## [Information]

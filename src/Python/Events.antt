-- ===== src/Python/Events.antt =====
-- py_execute_callbacks of plugins/src/python/pymain.c, over functions that return and leave the
-- scripts and the index alone.
pub mod Rounds
pub mod Steady
use bcirc.Base.{
  ℕ, zero, suc, ◌+◌, ◌-◌, ◌≤◌, Bytes, List, [], ◌∷◌, ◌++◌, Option, none, some, ◌≡◌, refl, sym, ap,
  ◌∙◌, subst, inl, inr, ℤ, Bool, true, false, arith, All, str_eq, Bool-cases, Option-cases,
  length-append, keep, map, length, take, drop, get_elem?, get_elem?_of_drop, drop-suc,
}
use bcirc.PluginHandler.{Arg, Params, params, bcirc_plugin_ok}
use bcirc.PluginHandler.Execute.{Run, done}
use bcirc.Scripts.{
  PyCallback, Scripts, script_callbacks, functions_of, listed_functions, functions_in,
  functions_for, callback_count, rounds_in, rounds_needed, AllCallable, IsValid,
}
use bcirc.Server.{Bot, Bots}
use bcirc.Python.{
  PyObject, PyRun, returned, faulty, unfinished, Python, then_py, event_args, name_arg, args_before,
  py_loop, with_name, py_execute_callbacks,
}
use bcirc.Python.Events.Rounds.{all_rounds}
use bcirc.Python.Events.Steady.{AreSteady, run_functions}

module _ (call : ℕ → Params → Bots → Run Bot) (py : Python) where
  get_elem?-length-append :
      (xs : List Arg) (a : Arg) → get_elem? (xs ++ a ∷ []) (length xs) ≡ some a
  get_elem?-length-append [] a = refl
  get_elem?-length-append (x ∷ xs) a = get_elem?-length-append xs a

  take-length-append : (xs : List Arg) (a : Arg) → take (length xs) (xs ++ a ∷ []) ≡ xs
  take-length-append [] a = refl
  take-length-append (x ∷ xs) a = ap (λ ys. x ∷ ys) (take-length-append xs a)

  read_event :
      (args : List Arg) (a : Arg)
      → (name_arg (params (args ++ a ∷ [])) ≡ some a)
        × (args_before (params (args ++ a ∷ [])) ≡ args)
  read_event args a =
      let behind : length (args ++ a ∷ []) ≡ suc (length args) =
        omega (arith, length-append args) in
      let before : length (args ++ a ∷ []) - 1 ≡ length args = omega (arith, behind) in
      (rw behind (get_elem?-length-append args a), rw before (take-length-append args a))

  -- The functions that valid scripts registered for an event are called once each, in the order of the
  -- scripts and, in each, of registering, with what is in front of the event's name; the callback
  -- returns OK, where each call returns and leaves the scripts and the index alone. There are enough
  -- rounds if there is one for each callback and for each script, and one more.
  pub py_execute_callbacks-functions_for :
      (rounds : ℕ) (event : Bytes) (args : List Arg) (h : Bots)
      → IsValid py.callable h.world.scripts
      → AreSteady call py args (functions_for event h.world.scripts) h
      → rounds_needed h.world.scripts ≤ rounds
      → py_execute_callbacks call py rounds (params (args ++ Arg.str event ∷ [])) h
        ≡ done bcirc_plugin_ok (run_functions call py args (functions_for event h.world.scripts) h)
  unfolding py_execute_callbacks
  py_execute_callbacks-functions_for rounds event args h valid steady enough =
      let (named, before) = read_event args (Arg.str event) in
      let p : Params = params (args ++ Arg.str event ∷ []) in
      ap (λ name. with_name call py rounds (args_before p) name h) named
      ∙ (ap (λ given. with_name call py rounds given (some (Arg.str event)) h) before
          ∙ all_rounds call py event args rounds 0 h.world.scripts.py_scripts_list h.world.scripts h
              refl refl valid steady enough)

## [What needs to be done]
Bring together all lines in the records where the word "Events" is found.

## [Worked solution]
filename src/Python/Events.antt
-- ===== src/Python/Events.antt =====
use bcirc.Python.Events.Rounds.{all_rounds}
use bcirc.Python.Events.Steady.{AreSteady, run_functions}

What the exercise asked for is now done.